Margaret Atwood

February

Winter. Time to eat fat
and watch hockey. In the pewter mornings, the cat,  
a black fur sausage with yellow
Houdini eyes, jumps up on the bed and tries  
to get onto my head. It’s his
way of telling whether or not I’m dead.
If I’m not, he wants to be scratched; if I am  
He’ll think of something. He settles
on my chest, breathing his breath
of burped-up meat and musty sofas,
purring like a washboard. Some other tomcat,  
not yet a capon, has been spraying our front door,  
declaring war. It’s all about sex and territory,  
which are what will finish us off
in the long run. Some cat owners around here  
should snip a few testicles.

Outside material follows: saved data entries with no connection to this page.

-- ===== src/Server/Parser/Words.antt =====
-- Little-endian words in an array of bytes.
use k230_lr2021_radio.Prelude.{
  ℕ, suc, ◌+◌, ◌*◌, ◌/◌, ◌%◌, ◌≡◌, refl, ap, sym, ◌∙◌, ◌<◌, List, [], ◌∷◌, ◌++◌, arith, length,
  join32, le32, join32-bytes, ap₂,
}
use k230_lr2021_radio.Server.Parser.{slice, words, word_at}

-- Words in a row, each in little-endian order.
abbrev pub le32s : List ℕ → List ℕ
le32s [] = []
le32s (w ∷ ws) = le32 w ++ le32s ws

abbrev pub AreWords : List ℕ → Type 0
AreWords [] = Unit {0}
AreWords (w ∷ ws) = (w < 4294967296) × AreWords ws

pub length-le32s : (ws : List ℕ) → length (le32s ws) ≡ length ws * 4
length-le32s [] = refl
length-le32s (w ∷ ws) = omega (arith, length-le32s ws)

four_heads :
    (x0 x1 x2 x3 y0 y1 y2 y3 : ℕ) (xs ys : List ℕ)
    → x0 ∷ x1 ∷ x2 ∷ x3 ∷ xs ≡ y0 ∷ y1 ∷ y2 ∷ y3 ∷ ys
    → (x0 ≡ y0) × (x1 ≡ y1) × (x2 ≡ y2) × (x3 ≡ y3) × (xs ≡ ys)
four_heads x0 x1 x2 x3 y0 y1 y2 y3 xs ys e = (cc, cc, cc, cc, cc)

-- Four bytes at the front of a slice are a word of the array.
word_front :
    (a : ℕ → ℕ) (i n w : ℕ) (rest : List ℕ)
    → w < 4294967296
    → slice a i (suc (suc (suc (suc n)))) ≡ le32 w ++ rest
    → (word_at a i ≡ w) × (slice a (i + 4) n ≡ rest)
word_front a i n w rest h e =
    let e2 : i + 1 + 1 ≡ i + 2 = omega arith in
    let e3 : i + 1 + 1 + 1 ≡ i + 3 = omega arith in
    let e4 : i + 1 + 1 + 1 + 1 ≡ i + 4 = omega arith in
    let t = four_heads _ _ _ _ _ _ _ _ _ _ e in
    (
      ap₂ (λ x y. join32 x y (a (i + 2)) (a (i + 3))) t.0 t.1
          ∙ ap₂ (λ x y. join32 (w % 256) (w / 256 % 256) x y) (ap a (sym e2) ∙ t.2)
              (ap a (sym e3) ∙ t.3)
          ∙ join32-bytes w h,
      ap (λ k. slice a k n) (sym e4) ∙ t.4,
    )

read_words :
    (a : ℕ → ℕ) (i : ℕ) (ws : List ℕ)
    → AreWords ws
    → slice a i (length ws * 4) ≡ le32s ws
    → words a i (length ws) ≡ ws
read_words a i [] h e = refl
read_words a i (w ∷ ws) h e =
    let more : (suc (length ws)) * 4 ≡ suc (suc (suc (suc (length ws * 4)))) = omega arith in
    let r = word_front a i (length ws * 4) w (le32s ws) h.0 (ap (slice a i) (sym more) ∙ e) in
    ap₂ ◌∷◌ r.0 (read_words a (i + 4) ws h.1 r.1)

pub read_scan :
    (a : ℕ → ℕ) (dwell : ℕ) (ws : List ℕ)
    → dwell < 4294967296
    → AreWords ws
    → slice a 0 (4 + length ws * 4) ≡ le32 dwell ++ le32s ws
    → (word_at a 0 ≡ dwell) × (words a 4 (length ws) ≡ ws)
read_scan a dwell ws h hs e =
    let more : 4 + length ws * 4 ≡ suc (suc (suc (suc (length ws * 4)))) = omega arith in
    let r = word_front a 0 (length ws * 4) dwell (le32s ws) h (ap (slice a 0) (sym more) ∙ e) in
    (r.0, read_words a 4 ws hs r.1)
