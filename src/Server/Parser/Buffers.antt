-- ===== src/Server/Parser/Buffers.antt =====
-- Arrays that are filled from the front, byte by byte.
use k230_lr2021_radio.Prelude.{
  ℕ, zero, suc, ◌+◌, ◌≡◌, refl, ap, ap₂, ◌∙◌, ◌≤◌, [], ◌∷◌, ◌++◌, arith,
}
use k230_lr2021_radio.Server.Parser.{Bytes, store, slice}

pub store_self : (a : Bytes) (i b : ℕ) → store a i b i ≡ b
store_self a i b = ground arith

-- A byte stored behind a slice does not change it.
pub slice-store : (a : Bytes) (j b i n : ℕ) → i + n ≤ j → slice (store a j b) i n ≡ slice a i n
slice-store a j b i zero h = refl
slice-store a j b i (suc n) h = ap₂ ◌∷◌ (ground arith) (slice-store a j b (i + 1) n (omega arith))

slice-snoc : (a : Bytes) (i n : ℕ) → slice a i (suc n) ≡ slice a i n ++ (a (i + n) ∷ [])
slice-snoc a i zero = ap (λ k. a k ∷ []) (omega arith)
slice-snoc a i (suc n) =
    ap (◌∷◌ (a i)) (slice-snoc a (i + 1) n)
    ∙ ap (λ k. a i ∷ (slice a (i + 1) n ++ (a k ∷ []))) {x = i + 1 + n} {y = i + suc n}
        (omega arith)

-- The next byte, stored at the end of a slice, is appended to it.
pub slice-store_end :
    (a : Bytes) (n b m : ℕ) → m ≡ n + 1 → slice (store a n b) 0 m ≡ slice a 0 n ++ (b ∷ [])
slice-store_end a n b zero e = absurd (omega arith)
slice-store_end a n b (suc m) e =
    let m=n : m ≡ n = omega arith in
    rw m=n (
      slice-snoc (store a n b) 0 n
      ∙ ap₂ (λ xs c. xs ++ (c ∷ [])) (slice-store a n b 0 n (omega arith))
          (ap (store a n b) {x = 0 + n} {y = n} (omega arith) ∙ store_self a n b))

If we wise  
hominids were sensible, we’d do that too,  
or eat our young, like sharks.
But it’s love that does us in. Over and over  
again, He shoots, he scores! and famine
crouches in the bedsheets, ambushing the pulsing  
eiderdown, and the windchill factor hits  
thirty below, and pollution pours
out of our chimneys to keep us warm.
February, month of despair,
with a skewered heart in the centre.
I think dire thoughts, and lust for French fries  
with a splash of vinegar.
Cat, enough of your greedy whining
and your small pink bumhole.
Off my face! You’re the life principle,
more or less, so get going
on a little optimism around here.
Get rid of death. Celebrate increase. Make it be spring.